14, Oct 2017 | Teesta Setalvad

For the RSS and Affiliates, Religion Alone Defines Entitlement, Rights and Citizenship

It’s a worldview at odds with modernity and republicanism crafted in the Indian constitution and the state. A fundamental belief, indoctrinated through skewed ‘history’ lessons in the shakha that asserts,  inherently  that religion and faith systems,  especially some,  draw the faultlines and define the difference.  Of entitlement, rights and citizenship.

It is this prism that governs officialdom and India, today and which tells us –quite unashamedly that the Rohingyas (never mind that they are poor, distraught and way below any poverty line) are a security threat, simply because they are Muslim. The Chakmas are not, the Hindus from Myanmar are not, but Rohingyas are a threat, simply because of their faith. (Indian government’s affidavit before the Supreme Court of India dated September 18, 2017).

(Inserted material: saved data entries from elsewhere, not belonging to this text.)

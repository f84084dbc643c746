-- ===== src/Sdk/Anthropic.antt =====
-- packages/chatbot-sdk/chatbot_sdk/integrations/anthropic.py: the wrapper of `messages.create` of an async
-- client, which also takes what a streaming call returns for an answer.
pub mod Answered
use inferspect.Prelude.{ℕ, String, true, false, Option, none, some, List, [], ◌∷◌, str_append}
use inferspect.Value.{Value, Fields, obj, end, truthy}
use inferspect.Value.Codec.{Codec}
use inferspect.Sdk.Schema.{InferenceLog}
use inferspect.Sdk.Client.Chunk.{object, nothing, whole, Usage, ToolCall, Message}
use inferspect.Sdk.Client.Span.{Opening, Ending}
use inferspect.Sdk.Client.Logger.{Exit, returned, SpanCall, respond, meta, inference_log}
use inferspect.Sdk.Openai.{last_user_text}

-- A block of the content, by its type.
pub data Block : Type 0 where
  text_block : Option String → Block
  tool_use_block : Option String → Option Value → Block
  other_block : Block

pub record AnthropicUsage : Type 0 where
  pub input_tokens : Option ℕ
  pub output_tokens : Option ℕ

-- A response; what has no `content` or `usage` has no blocks and `none`.
pub record Reply : Type 0 where
  pub content : List Block
  pub usage : Option AnthropicUsage

abbrev or_empty : Option String → String
or_empty none = ""
or_empty (some s) = s

abbrev or_zero : Option ℕ → Option ℕ
or_zero none = some 0
or_zero (some n) = some n

abbrev input_of : Option Value → Value
input_of none = obj end
input_of (some v) = elim (truthy v) [ true ↦ v | false ↦ obj end ]

abbrev pub blocks_text : List Block → String
blocks_text [] = ""
blocks_text (text_block t ∷ bs) = str_append (or_empty t) (blocks_text bs)
blocks_text (tool_use_block name input ∷ bs) = blocks_text bs
blocks_text (other_block ∷ bs) = blocks_text bs

abbrev pub blocks_calls : List Block → List ToolCall
blocks_calls [] = []
blocks_calls (text_block t ∷ bs) = blocks_calls bs
blocks_calls (tool_use_block name input ∷ bs) =
    record { name = some (or_empty name); args = some (input_of input) } ∷ blocks_calls bs
blocks_calls (other_block ∷ bs) = blocks_calls bs

abbrev usage_of : Option AnthropicUsage → Option Usage
usage_of none = none
usage_of (some u) =
    some (record { input_tokens = or_zero u.input_tokens; output_tokens = or_zero u.output_tokens })

unfoldable pub normalize_response : Reply → Message
normalize_response r = record {
  body = object (whole (blocks_text r.content)) none nothing;
  usage = usage_of r.usage;
  calls = blocks_calls r.content;
}

-- What the client does: the call raises or returns.
pub data Script : Type 0 where
  raises : Exit → Script
  answers : Reply → Script

-- The wrapper's block: the calls on the span and the exit; the metadata holds the times.
unfoldable pub wrapper : Fields → Script → List SpanCall × Exit
wrapper timing (raises e) = ([], e)
wrapper timing (answers r) = (respond (normalize_response r) ∷ meta timing ∷ [], returned)

-- The caller sees what the script says; the log is submitted. `Opening` has `provider="anthropic"`.
unfoldable pub create :
    Codec
    → (String → String)
    → Opening
    → List Value
    → ℕ
    → Fields
    → Fields
    → Script
    → Ending
    → InferenceLog
create c redact opening messages started_at metadata timing script e =
    let (calls, exit) = wrapper timing script in
    inference_log c redact (record opening { provider = "anthropic" }) started_at
      (last_user_text c messages) metadata calls exit e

Who is or can become Indian ? Only non-Muslims –Hindus of course, but “Sikhs, Buddhists, Jains, Parsis and Christians from Afghanistan, Bangladesh and Pakistan… shall not be treated as illegal migrants” says a draft legislation proposed by this regime that signals, again, the institutionalisation of discriminatory citizenship. It all eventually all boils down to the construct of India, ‘their’ Motherland and citizenship.

Way back in 1991, this writer,  then with Business India,  was gifted  a ‘map of Ahmdedabad,  by a then far more tentative,  Vishwa Hindu Parishad.  The VHP,  formed in 1964, is a branch of the now 92 year old Rashtriya Swayamsevak Sangh(RSS),  earlier restricted  by its own contours of being both Brahmanical and misogynist.

The Bajrang Dalit, too formed in the 1980s was mandated to ‘woo’ the Dalit. An RSS publication, Matrusansthas (literally, ‘mother organisations’), on the numerous affiliates and organisations which the RSS has spawned over the decades and which form part of the Sangh Parivar, describes the constitution and need of the Vanvasi Kalyan Ashram and the VHP which are clearly defined.]] 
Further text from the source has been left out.